#### YOUR OBJECTIVE:
Give back the whole listing exactly as shown.

#### EXTRACTED MATERIAL:
++++++++

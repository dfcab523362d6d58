-- ===== src/Prelude/Lists.antt =====
-- Lists measured and indexed by native numbers, under the library's names.
use Prim.Native.Nat.{ℕ, zero, suc, ◌+◌, ◌-◌, ◌≤◌, min}
use mathlib.Core.Path.{◌≡◌, refl, ap, sym, ◌∙◌}
use mathlib.Core.List.{List, [], ◌∷◌, ◌++◌}
use mathlib.Core.Bool.{Bool, true, false}
use native.Mathlib.Omega.{arith}

module _ {ℓ} {A : Type ℓ} where
  abbrev pub length : List A → ℕ
  length [] = 0
  length (x ∷ xs) = suc (length xs)

  abbrev pub get_or : List A → ℕ → A → A
  get_or [] i d = d
  get_or (x ∷ xs) zero d = x
  get_or (x ∷ xs) (suc i) d = get_or xs i d

  abbrev pub take : ℕ → List A → List A
  take zero xs = []
  take (suc n) [] = []
  take (suc n) (x ∷ xs) = x ∷ take n xs

  abbrev pub drop : ℕ → List A → List A
  drop zero xs = xs
  drop (suc n) [] = []
  drop (suc n) (x ∷ xs) = drop n xs

  abbrev pub replicate : ℕ → A → List A
  replicate zero a = []
  replicate (suc n) a = a ∷ replicate n a

  abbrev pub null : List A → Bool
  null [] = true
  null (x ∷ xs) = false

  pub length-append : (xs ys : List A) → length (xs ++ ys) ≡ length xs + length ys
  length-append [] ys = omega arith
  length-append (x ∷ xs) ys = omega (arith, length-append xs ys)

  pub length-take : (n : ℕ) (xs : List A) → length (take n xs) ≡ min n (length xs)
  length-take zero xs = omega arith
  length-take (suc n) [] = omega arith
  length-take (suc n) (x ∷ xs) = omega (arith, length-take n xs)

  pub length-drop : (n : ℕ) (xs : List A) → length (drop n xs) ≡ length xs - n
  length-drop zero xs = omega arith
  length-drop (suc n) [] = omega arith
  length-drop (suc n) (x ∷ xs) = omega (arith, length-drop n xs)

  pub length-replicate : (n : ℕ) (a : A) → length (replicate n a) ≡ n
  length-replicate zero a = refl
  length-replicate (suc n) a = ap suc (length-replicate n a)

  pub take-append_left : (n : ℕ) (xs ys : List A) → n ≤ length xs → take n (xs ++ ys) ≡ take n xs
  take-append_left zero xs ys h = refl
  take-append_left (suc n) [] ys h = absurd (omega arith)
  take-append_left (suc n) (x ∷ xs) ys h = ap (◌∷◌ x) (take-append_left n xs ys (omega arith))

  pub drop-append_left :
      (n : ℕ) (xs ys : List A) → n ≤ length xs → drop n (xs ++ ys) ≡ drop n xs ++ ys
  drop-append_left zero xs ys h = refl
  drop-append_left (suc n) [] ys h = absurd (omega arith)
  drop-append_left (suc n) (x ∷ xs) ys h = drop-append_left n xs ys (omega arith)

  pub take-all : (n : ℕ) (xs : List A) → length xs ≤ n → take n xs ≡ xs
  take-all zero [] h = refl
  take-all zero (x ∷ xs) h = absurd (omega arith)
  take-all (suc n) [] h = refl
  take-all (suc n) (x ∷ xs) h = ap (◌∷◌ x) (take-all n xs (omega arith))

  pub take-length : (n : ℕ) (xs : List A) → n ≡ length xs → take n xs ≡ xs
  take-length n xs h = take-all n xs (omega arith)

  pub drop-length : (n : ℕ) (xs : List A) → length xs ≤ n → drop n xs ≡ []
  drop-length zero [] h = refl
  drop-length zero (x ∷ xs) h = absurd (omega arith)
  drop-length (suc n) [] h = refl
  drop-length (suc n) (x ∷ xs) h = drop-length n xs (omega arith)

  -- The first `length xs + k` entries of an append.
  pub take-append :
      (n k : ℕ) (xs ys : List A) → n ≡ length xs + k → take n (xs ++ ys) ≡ xs ++ take k ys
  take-append n k [] ys h = ap (λ (m : ℕ). take m ys) (omega arith)
  take-append zero k (x ∷ xs) ys h = absurd (omega arith)
  take-append (suc n) k (x ∷ xs) ys h = ap (◌∷◌ x) (take-append n k xs ys (omega arith))

  pub drop-append : (n k : ℕ) (xs ys : List A) → n ≡ length xs + k → drop n (xs ++ ys) ≡ drop k ys
  drop-append n k [] ys h = ap (λ (m : ℕ). drop m ys) (omega arith)
  drop-append zero k (x ∷ xs) ys h = absurd (omega arith)
  drop-append (suc n) k (x ∷ xs) ys h = drop-append n k xs ys (omega arith)

  pub drop-nil : (m : ℕ) → drop m [] ≡ []
  drop-nil zero = refl
  drop-nil (suc m) = refl

  pub take-nil : (m : ℕ) → take m [] ≡ []
  take-nil zero = refl
  take-nil (suc m) = refl

  pub drop-drop : (n k m : ℕ) (xs : List A) → m ≡ k + n → drop n (drop k xs) ≡ drop m xs
  drop-drop n zero m xs h = ap (λ (i : ℕ). drop i xs) (omega arith)
  drop-drop n (suc k) m [] h = drop-nil n ∙ sym (drop-nil m)
  drop-drop n (suc k) zero (x ∷ xs) h = absurd (omega arith)
  drop-drop n (suc k) (suc m) (x ∷ xs) h = drop-drop n k m xs (omega arith)

  pub drop-take : (n m k : ℕ) (xs : List A) → k ≡ m - n → drop n (take m xs) ≡ take k (drop n xs)
  drop-take zero m k xs h = ap (λ (i : ℕ). take i xs) (omega arith)
  drop-take (suc n) zero zero xs h = drop-nil (suc n)
  drop-take (suc n) zero (suc k) xs h = absurd (omega arith)
  drop-take (suc n) (suc m) k [] h = sym (take-nil k)
  drop-take (suc n) (suc m) k (x ∷ xs) h = drop-take n m k xs (omega arith)

  pub take-append-drop : (n : ℕ) (xs : List A) → take n xs ++ drop n xs ≡ xs
  take-append-drop zero xs = refl
  take-append-drop (suc n) [] = refl
  take-append-drop (suc n) (x ∷ xs) = ap (◌∷◌ x) (take-append-drop n xs)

++++++++

#### ANSWER SPACE:
repository dfcab523362d6d58
-- ===== src/Prelude/Lists.antt =====
-- Lists measured and indexed by native numbers, under the library's names.
use Prim.Native.Nat.{ℕ, zero, suc, ◌+◌, ◌-◌, ◌≤◌, min}
use mathlib.Core.Path.{◌≡◌, refl, ap, sym, ◌∙◌}
use mathlib.Core.List.{List, [], ◌∷◌, ◌++◌}
use mathlib.Core.Bool.{Bool, true, false}
use native.Mathlib.Omega.{arith}

module _ {ℓ} {A : Type ℓ} where
  abbrev pub length : List A → ℕ
  length [] = 0
  length (x ∷ xs) = suc (length xs)

  abbrev pub get_or : List A → ℕ → A → A
  get_or [] i d = d
  get_or (x ∷ xs) zero d = x
  get_or (x ∷ xs) (suc i) d = get_or xs i d

  abbrev pub take : ℕ → List A → List A
  take zero xs = []
  take (suc n) [] = []
  take (suc n) (x ∷ xs) = x ∷ take n xs

  abbrev pub drop : ℕ → List A → List A
  drop zero xs = xs
  drop (suc n) [] = []
  drop (suc n) (x ∷ xs) = drop n xs

  abbrev pub replicate : ℕ → A → List A
  replicate zero a = []
  replicate (suc n) a = a ∷ replicate n a

  abbrev pub null : List A → Bool
  null [] = true
  null (x ∷ xs) = false

  pub length-append : (xs ys : List A) → length (xs ++ ys) ≡ length xs + length ys
  length-append [] ys = omega arith
  length-append (x ∷ xs) ys = omega (arith, length-append xs ys)

  pub length-take : (n : ℕ) (xs : List A) → length (take n xs) ≡ min n (length xs)
  length-take zero xs = omega arith
  length-take (suc n) [] = omega arith
  length-take (suc n) (x ∷ xs) = omega (arith, length-take n xs)

  pub length-drop : (n : ℕ) (xs : List A) → length (drop n xs) ≡ length xs - n
  length-drop zero xs = omega arith
  length-drop (suc n) [] = omega arith
  length-drop (suc n) (x ∷ xs) = omega (arith, length-drop n xs)

  pub length-replicate : (n : ℕ) (a : A) → length (replicate n a) ≡ n
  length-replicate zero a = refl
  length-replicate (suc n) a = ap suc (length-replicate n a)

  pub take-append_left : (n : ℕ) (xs ys : List A) → n ≤ length xs → take n (xs ++ ys) ≡ take n xs
  take-append_left zero xs ys h = refl
  take-append_left (suc n) [] ys h = absurd (omega arith)
  take-append_left (suc n) (x ∷ xs) ys h = ap (◌∷◌ x) (take-append_left n xs ys (omega arith))

  pub drop-append_left :
      (n : ℕ) (xs ys : List A) → n ≤ length xs → drop n (xs ++ ys) ≡ drop n xs ++ ys
  drop-append_left zero xs ys h = refl
  drop-append_left (suc n) [] ys h = absurd (omega arith)
  drop-append_left (suc n) (x ∷ xs) ys h = drop-append_left n xs ys (omega arith)

  pub take-all : (n : ℕ) (xs : List A) → length xs ≤ n → take n xs ≡ xs
  take-all zero [] h = refl
  take-all zero (x ∷ xs) h = absurd (omega arith)
  take-all (suc n) [] h = refl
  take-all (suc n) (x ∷ xs) h = ap (◌∷◌ x) (take-all n xs (omega arith))

  pub take-length : (n : ℕ) (xs : List A) → n ≡ length xs → take n xs ≡ xs
  take-length n xs h = take-all n xs (omega arith)

  pub drop-length : (n : ℕ) (xs : List A) → length xs ≤ n → drop n xs ≡ []
  drop-length zero [] h = refl
  drop-length zero (x ∷ xs) h = absurd (omega arith)
  drop-length (suc n) [] h = refl
  drop-length (suc n) (x ∷ xs) h = drop-length n xs (omega arith)

  -- The first `length xs + k` entries of an append.
  pub take-append :
      (n k : ℕ) (xs ys : List A) → n ≡ length xs + k → take n (xs ++ ys) ≡ xs ++ take k ys
  take-append n k [] ys h = ap (λ (m : ℕ). take m ys) (omega arith)
  take-append zero k (x ∷ xs) ys h = absurd (omega arith)
  take-append (suc n) k (x ∷ xs) ys h = ap (◌∷◌ x) (take-append n k xs ys (omega arith))

  pub drop-append : (n k : ℕ) (xs ys : List A) → n ≡ length xs + k → drop n (xs ++ ys) ≡ drop k ys
  drop-append n k [] ys h = ap (λ (m : ℕ). drop m ys) (omega arith)
  drop-append zero k (x ∷ xs) ys h = absurd (omega arith)
  drop-append (suc n) k (x ∷ xs) ys h = drop-append n k xs ys (omega arith)

  pub drop-nil : (m : ℕ) → drop m [] ≡ []
  drop-nil zero = refl
  drop-nil (suc m) = refl

  pub take-nil : (m : ℕ) → take m [] ≡ []
  take-nil zero = refl
  take-nil (suc m) = refl

  pub drop-drop : (n k m : ℕ) (xs : List A) → m ≡ k + n → drop n (drop k xs) ≡ drop m xs
  drop-drop n zero m xs h = ap (λ (i : ℕ). drop i xs) (omega arith)
  drop-drop n (suc k) m [] h = drop-nil n ∙ sym (drop-nil m)
  drop-drop n (suc k) zero (x ∷ xs) h = absurd (omega arith)
  drop-drop n (suc k) (suc m) (x ∷ xs) h = drop-drop n k m xs (omega arith)

  pub drop-take : (n m k : ℕ) (xs : List A) → k ≡ m - n → drop n (take m xs) ≡ take k (drop n xs)
  drop-take zero m k xs h = ap (λ (i : ℕ). take i xs) (omega arith)
  drop-take (suc n) zero zero xs h = drop-nil (suc n)
  drop-take (suc n) zero (suc k) xs h = absurd (omega arith)
  drop-take (suc n) (suc m) k [] h = sym (take-nil k)
  drop-take (suc n) (suc m) k (x ∷ xs) h = drop-take n m k xs (omega arith)

  pub take-append-drop : (n : ℕ) (xs : List A) → take n xs ++ drop n xs ≡ xs
  take-append-drop zero xs = refl
  take-append-drop (suc n) [] = refl
  take-append-drop (suc n) (x ∷ xs) = ap (◌∷◌ x) (take-append-drop n xs)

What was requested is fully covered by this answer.